Fortunately, OceanBase's LSM-Tree storage engine divides data into baseline and incremental data and ensures that the baseline data is identical across multiple replicas. When deploying multiple replicas to multi-cloud infrastructure, it is possible for the baseline data of multiple replicas to share the same storage, thus reducing storage costs and computational expenses. Moreover, OceanBase can further reduce computational costs through log replicas or arbitration replicas, achieving near-zero RPO and elastic scalability in the cloud, and integrating shared-nothing and shared-storage architectures seamlessly.

With the integrated engine in place, it is possible to further build integrated products.


What has been done to build the integrated products?

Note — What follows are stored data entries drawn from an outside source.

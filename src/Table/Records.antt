-- ===== src/Table/Records.antt =====
-- src/table.rs: the pair that a record is stored as, and what a scan of src/query.rs reads back.
use relly.Prelude.{
  ℕ, ◌≤◌, ◌≡◌, refl, ◌∙◌, List, [], Bytes, Bool, length, take, drop, take-append-drop, some, none,
  done, ◌>>=◌, leb, true, le→leb, if◌then◌else◌,
}
use relly.Tuple.RoundTrip.{encode-encodings}
use relly.Table.{split_record, encode_record}
use relly.Query.{Condition, decode_pair}
use relly.Query.Scan.{stored, decode_pair-stored}

pub encode_record-stored :
    (n : ℕ) (columns : List Bytes)
    → n ≤ length columns
    → encode_record n columns ≡ done (stored (take n columns, drop n columns))
unfolding encode_record split_record
encode_record-stored n columns h =
    let a : leb n (length columns) ≡ true = le→leb _ _ h in
    rw (a, encode-encodings (take n columns) [], encode-encodings (drop n columns) []) refl

-- The pair that an insert stores for a record with at least the key's columns is decoded by a scan
-- to the whole record if the scan's condition holds on the key's columns, and to no tuple if it
-- does not.
pub decode_pair-encode_record :
    (n : ℕ) (columns : List Bytes) (cond : Condition) (b : Bool)
    → n ≤ length columns
    → cond (take n columns) ≡ done b
    → (do pair ← encode_record n columns; decode_pair cond pair)
      ≡ done (if b then some columns else none)
decode_pair-encode_record n columns cond b h holds = rw (encode_record-stored n columns h) (
    decode_pair-stored cond b (take n columns, drop n columns) holds
    ∙ rw (take-append-drop n columns) refl)
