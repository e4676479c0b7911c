-- ===== src/Table/Tests.antt =====
-- src/table.rs: a duplicate in a unique index, and the theorems at an input.
use relly.Prelude.{
  ◌≡◌, refl, List, [], ◌∷◌, Bytes, Option, some, Run, done, panic, hang, ◌>>=◌, length, arith, leb,
  true,
}
use relly.Prelude.Exec.{Result, ok, err}
use relly.Buffer.{BufferPoolManager}
use relly.Memcmpable
use relly.Tuple
use relly.Btree.Client.{Error, duplicate_key}
use relly.Btree.SearchMode.{SearchMode}
use relly.Btree.Tree
use relly.Btree.Iter
use relly.Btree.TestData.{bincode, program, start, state_of, result}
use relly.Table.{
  Table, create, create_index, create_indices, index_created, table_created, split_record,
  encode_record, skey_of, insert_index, insert_indices, insert,
}
use relly.Table.Records.{decode_pair-encode_record}
use relly.Query.{decode_pair}

tables : Unit {0}
unfolding program Memcmpable.encode create create_index create_indices index_created table_created
    split_record encode_record skey_of insert_index insert_indices insert Tuple.encode Tuple.decode
tables = tt

abbrev users : Table
users = record {
  meta_page_id = 0;
  num_key_elems = 1;
  unique_indices = record { meta_page_id = 0; skey = 1 ∷ [] } ∷ [];
}

abbrev alice : List Bytes
alice = (b'z' ∷ []) ∷ (b'A' ∷ []) ∷ []

-- Another key, the same second column.
abbrev other_alice : List Bytes
other_alice = (b'x' ∷ []) ∷ (b'A' ∷ []) ∷ []

abbrev created_table : Run (Result Error (Unit {0}) × Table × BufferPoolManager) → Table
created_table (done (r, table, m)) = table
created_table panic = users
created_table hang = users

abbrev table : Table
table = created_table (create users start)

ids : table.unique_indices ≡ record { meta_page_id = 2; skey = 1 ∷ [] } ∷ []
unfolding tables
ids = refl

-- The managers after the table was created, after the first record, and after the other record's
-- insert into the table's tree.
abbrev m0 : BufferPoolManager
m0 = (elim (create users start) as (λ x. BufferPoolManager) [
  | done (r, t, m) ↦ m
  | panic ↦ start
  | hang ↦ start
])

abbrev m1 : BufferPoolManager
m1 = state_of start (insert bincode 4 alice table m0)

first_inserted : result (insert bincode 4 alice table m0) ≡ done (ok tt)
unfolding tables
first_inserted = refl

second_refused : result (insert bincode 4 other_alice table m1) ≡ done (err duplicate_key)
unfolding tables
second_refused = refl

-- What is stored under a primary key.
abbrev looked : Result Error Iter.Iter × BufferPoolManager → Run (Option (Bytes × Bytes))
looked (ok iter, m) = Iter.get bincode iter m
looked (err e, m) = panic

abbrev read : Bytes → BufferPoolManager → Run (Option (Bytes × Bytes))
read key m = Tree.search bincode 4 (Tree.new table.meta_page_id) (SearchMode.key key) m >>= looked

abbrev other_pair : Bytes × Bytes
other_pair = elim (encode_record 1 other_alice) as (λ x. Bytes × Bytes) [
  | done pair ↦ pair
  | panic ↦ ([], [])
  | hang ↦ ([], [])
]

-- The refused record is in the table's tree.
refused_is_stored :
    read other_pair.0 (state_of start (insert bincode 4 other_alice table m1))
    ≡ done (some other_pair)
unfolding tables
refused_is_stored = refl

decode_pair-encode_record_example :
    (do pair ← encode_record 1 alice; decode_pair (λ key. done (leb (length key) 1)) pair)
    ≡ done (some alice)
decode_pair-encode_record_example =
    decode_pair-encode_record 1 alice (λ key. done (leb (length key) 1)) true (omega arith) refl
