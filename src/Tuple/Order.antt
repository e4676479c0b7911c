-- ===== src/Tuple/Order.antt =====
-- src/tuple.rs: the order of the encodings is the order of the tuples, column by column.
use relly.Prelude.{◌≡◌, refl, ap, ◌∙◌, List, [], ◌∷◌, Bytes, done, ◌>>=◌, Ordering}
use relly.Prelude.Cmp.{then_with, cmp}
use relly.Memcmpable.Order.{cmp-encoding, cmp-nil-encoding, cmp-encoding-nil}
use relly.Tuple.{encode}
use relly.Tuple.RoundTrip.{encodings, encode-encodings}

-- Tuples compare by their first columns that differ, a proper prefix being less.
unfoldable pub cmp_tuple : List Bytes → List Bytes → Ordering
cmp_tuple [] [] = Ordering.eq
cmp_tuple [] (y ∷ ys) = Ordering.lt
cmp_tuple (x ∷ xs) [] = Ordering.gt
cmp_tuple (x ∷ xs) (y ∷ ys) = then_with (cmp x y) (cmp_tuple xs ys)

cmp-encodings : (xs ys : List Bytes) → cmp (encodings xs) (encodings ys) ≡ cmp_tuple xs ys
unfolding cmp_tuple encodings
cmp-encodings [] [] = unfold cmp in refl
cmp-encodings [] (y ∷ ys) = cmp-nil-encoding y (encodings ys)
cmp-encodings (x ∷ xs) [] = cmp-encoding-nil x (encodings xs)
cmp-encodings (x ∷ xs) (y ∷ ys) =
    cmp-encoding x y (encodings xs) (encodings ys) ∙ ap (then_with (cmp x y)) (cmp-encodings xs ys)

-- The encodings of two tuples compare as the tuples do.
pub cmp-encode_tuple :
    (xs ys : List Bytes)
    → (do x ← encode xs []; y ← encode ys []; done (cmp x y)) ≡ done (cmp_tuple xs ys)
cmp-encode_tuple xs ys =
    rw (encode-encodings xs [], encode-encodings ys []) (ap done (cmp-encodings xs ys))
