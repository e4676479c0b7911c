-- ===== src/Tuple/Tests.antt =====
-- src/tuple.rs: a run, and the theorems at an input.
use relly.Prelude.{◌≡◌, ◌≢◌, refl, List, [], ◌∷◌, ◌++◌, Bytes, done, panic, hang, ◌>>=◌}
use relly.Prelude.Cmp.{cmp}
use relly.Memcmpable
use relly.Tuple.{encode, decode}
use relly.Tuple.RoundTrip.{decode-encode_tuple, decode-ne-hang}
use relly.Tuple.Order.{cmp_tuple, cmp-encode_tuple}

abbrev alice : List Bytes
alice = (b'z' ∷ []) ∷ (b'A' ∷ b'l' ∷ b'i' ∷ b'c' ∷ b'e' ∷ []) ∷ [] ∷ []

abbrev bob : List Bytes
bob = (b'x' ∷ []) ∷ (b'B' ∷ b'o' ∷ b'b' ∷ []) ∷ (b'J' ∷ []) ∷ []

bob_runs : (do bytes ← encode bob []; decode bytes alice) ≡ done (alice ++ bob)
unfolding encode decode Memcmpable.encode Memcmpable.decode
bob_runs = refl

not_an_encoding : decode (1 ∷ 2 ∷ []) [] ≡ panic
unfolding decode Memcmpable.decode
not_an_encoding = refl

decode-encode_tuple_example : (do bytes ← encode bob []; decode bytes alice) ≡ done (alice ++ bob)
decode-encode_tuple_example = decode-encode_tuple bob alice

decode-ne-hang_example : decode (1 ∷ 2 ∷ []) alice ≢ hang
decode-ne-hang_example = decode-ne-hang (1 ∷ 2 ∷ []) alice

cmp-encode_tuple_example :
    (do x ← encode bob []; y ← encode alice []; done (cmp x y)) ≡ done (cmp_tuple bob alice)
cmp-encode_tuple_example = cmp-encode_tuple bob alice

Over the past few years, OceanBase has done a lot in terms of integrated products. Here are some examples:

Integrated SQL Functionality

The goal of the integrated database is to achieve SQL functionality in a distributed architecture that is on par with stand-alone databases. However, certain SQL functionalities are very difficult to implement in a distributed architecture.

For example, large transactions with a large number of participants and partitions are almost impossible to complete in a distributed architecture. Another example is table locks, where locking a table in a distributed system with a large number of partitions is also almost impossible to achieve. The fundamental problem is that distributed databases generally have an independent log stream for each partition, so the complexity of operations like large transactions and table locks will be proportional to the number of partitions.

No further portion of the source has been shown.